# Solar electric fencing



## CheltenhamChicken (Dec 5, 2017)

Hi , I’m thinking of getting a solar energiser to keep the foxes away. Does anyone have any experience of using a Gallagher s20 with 50m of netting?

Will it really keep fully charged in the uk all year round?

Thanks


----------



## seminole wind (Aug 22, 2015)

I have electric fencing. Either needs 3 rods in the ground for ground. An animal has to make contact with it while they make contact with the ground. And you have to be sure it's not touching weeds or grass. It works great with horses and dogs, but I don't know that much about fox behavior.


----------



## boskelli1571 (Oct 30, 2017)

I don't know about the UK - winter would certainly be 'iffy'...
I used it with great success on corralling my rabbits - until the charge got too low then they simply chewed their way out!
I have since repaired it and it works well, but you have got to keep the charge up. Can you get a box that will give you either solar or battery?

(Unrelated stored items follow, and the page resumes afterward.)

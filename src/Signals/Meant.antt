-- ===== src/Signals/Meant.antt =====
-- Which trades a management signal means (src/app/domains/copy_trading/workers.py).
use signalsync_be.Base.{
  ℕ, ◌≡◌, ◌≢◌, refl, ◌↔◌, ◌⊎◌, inl, inr, true, false, Option, none, some, [], ◌∷◌, ◌++◌, ==_iff,
  Bool-cases, or_true, arith,
}
use signalsync_be.Base.Text.{Text, starts_with}
use signalsync_be.Symbols.{normalize_symbol}
use signalsync_be.Engine.{
  SignalAction, open_market, place_pending, modify_sl_tp, break_even, partial_close, full_close,
  cancel_pending, additional_tp, status_only,
}
use signalsync_be.Signals.{CopiedTrade, is_full_close, meets, symbols_meet, is_meant}

-- The text begins with the prefix.
abbrev pub IsPrefix : Text → Text → Type 0
IsPrefix prefix text = (rest : Text) × (text ≡ prefix ++ rest)

starts_with_iff : (text prefix : Text) → (starts_with text prefix ≡ true) ↔ IsPrefix prefix text
starts_with_iff text [] = ((λ h. (text, refl)), (λ h. refl))
starts_with_iff [] (b ∷ prefix) = ((λ h. cc), (λ (rest, e). cc))
starts_with_iff (a ∷ text) (b ∷ prefix) =
    let ih = starts_with_iff text prefix in
    (
      (λ h.
          let same : a ≡ b = ground (arith, h) in
          let (rest, e) = ih.0 (ground (arith, h)) in (rest, cc (same, e))),
      (λ (rest, e).
          let same : a ≡ b = cc e in
          let tail : text ≡ prefix ++ rest = cc e in rw ((==_iff a b).1 same) (ih.1 (rest, tail))),
    )

-- One of the normal forms of the two symbols begins with the other.
abbrev pub IsRelated : Text → Text → Type 0
IsRelated symbol own =
    IsPrefix (normalize_symbol symbol) (normalize_symbol own)
    ⊎ IsPrefix (normalize_symbol own) (normalize_symbol symbol)

-- A full close that names a symbol is for the trades of a related symbol; any other management, and
-- a full close without a symbol or with an empty one, is for those of its thread.
abbrev pub IsTarget : SignalAction → ℕ → ℕ → Option Text → CopiedTrade → Type 0
IsTarget action route_id thread_id symbol trade =
    (trade.route_id ≡ route_id)
    × (((action ≡ full_close)
          × ((name : Text) × (symbol ≡ some name)
              × (name ≢ [])
              × IsRelated name trade.signal_symbol))
        ⊎ (((action ≢ full_close) ⊎ ((symbol ≡ none) ⊎ (symbol ≡ some [])))
            × (trade.thread_id ≡ thread_id)))

full_close-cases :
    (action : SignalAction)
    → (action ≡ full_close) ⊎ ((is_full_close action ≡ false) × (action ≢ full_close))
full_close-cases full_close = inl refl
full_close-cases open_market = inr (refl, λ e. cc)
full_close-cases place_pending = inr (refl, λ e. cc)
full_close-cases modify_sl_tp = inr (refl, λ e. cc)
full_close-cases break_even = inr (refl, λ e. cc)
full_close-cases partial_close = inr (refl, λ e. cc)
full_close-cases cancel_pending = inr (refl, λ e. cc)
full_close-cases additional_tp = inr (refl, λ e. cc)
full_close-cases status_only = inr (refl, λ e. cc)

named : (name given : Text) → ◌≡◌ {A = Option Text} (some given) (some name) → given ≡ name
named name given e = cc e

module _ (thread_id : ℕ) (trade : CopiedTrade) where
  meets_iff : (name : Text) → (meets name trade ≡ true) ↔ IsRelated name trade.signal_symbol
  unfolding meets symbols_meet
  meets_iff name =
      let own = starts_with_iff (normalize_symbol trade.signal_symbol) (normalize_symbol name) in
      let other = starts_with_iff (normalize_symbol name) (normalize_symbol trade.signal_symbol) in
      (
        (λ h.
            elim (Bool-cases
              (starts_with (normalize_symbol trade.signal_symbol) (normalize_symbol name))) [
                | inl e ↦ inl (own.0 e)
                | inr e ↦ inr (other.0 (rw e at h))
              ]),
        (λ h. elim h [ inl p ↦ rw (own.1 p) refl | inr p ↦ or_true _ (other.1 p) ]),
      )

  pub is_meant_iff :
      (action : SignalAction) (symbol : Option Text)
      → (is_meant action thread_id symbol trade ≡ true) ↔ (
          ((action ≡ full_close)
            × ((name : Text) × (symbol ≡ some name)
                × (name ≢ [])
                × IsRelated name trade.signal_symbol))
          ⊎ (((action ≢ full_close) ⊎ ((symbol ≡ none) ⊎ (symbol ≡ some [])))
              × (trade.thread_id ≡ thread_id)))
  unfolding is_meant
  is_meant_iff action none =
      let same = ==_iff trade.thread_id thread_id in
      (
        (λ h. inr (inr (inl refl), same.0 h)),
        (λ h. elim h [ inl (full, (name, e, filled, other)) ↦ cc e | inr (which, e) ↦ same.1 e ]),
      )
  is_meant_iff action (some []) =
      let same = ==_iff trade.thread_id thread_id in
      (
        (λ h. inr (inr (inr refl), same.0 h)),
        (λ h. elim h [
          | inl (full, (name, e, filled, other)) ↦ absurd (filled (cc e))
          | inr (which, e) ↦ same.1 e
        ]),
      )
  is_meant_iff action (some (c ∷ cs)) =
      let same = ==_iff trade.thread_id thread_id in
      let related = meets_iff (c ∷ cs) in
      elim (full_close-cases action) [
        | inl full ↦ rw full (
          (λ h. inl (refl, (c ∷ cs, refl, (λ e. cc e), related.0 h))),
          (λ h. elim h [
            | inl (_, (name, e, filled, r)) ↦ related.1 (rw (named name (c ∷ cs) e) r)
            | inr (which, e) ↦ elim which [
              | inl not_full ↦ absurd (not_full refl)
              | inr given ↦ elim given [ inl e ↦ cc e | inr e ↦ cc e ]
            ]
          ]),
        )
        | inr (other, not_full) ↦ rw other (
          (λ h. inr (inl not_full, same.0 h)),
          (λ h. elim h [ inl (full, rest) ↦ absurd (not_full full) | inr (which, e) ↦ same.1 e ]),
        )
      ]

I have an ingenious neighbor who runs his fence on a car battery...


----------



## seminole wind (Aug 22, 2015)

Mine is a plug in to electric


----------



## willys55 (Oct 26, 2016)

we have a solar powered fence, works good, as far as keeping out foxes, not so sure how you would do that.......as mentioned they need to come into contact with the ground and the fence at the same time and any thing that comes into contact with the fence at ground level will deplete the charge and zap effect, weeds, brush even sticks and branches


----------



## Wilbur's Mom (Aug 10, 2017)

I don't know, we don't have that issue here. I would think it would keep most predators out.


----------



## seminole wind (Aug 22, 2015)

Hopefully the predator will sniff the fence with his nose before he tries it out.


----------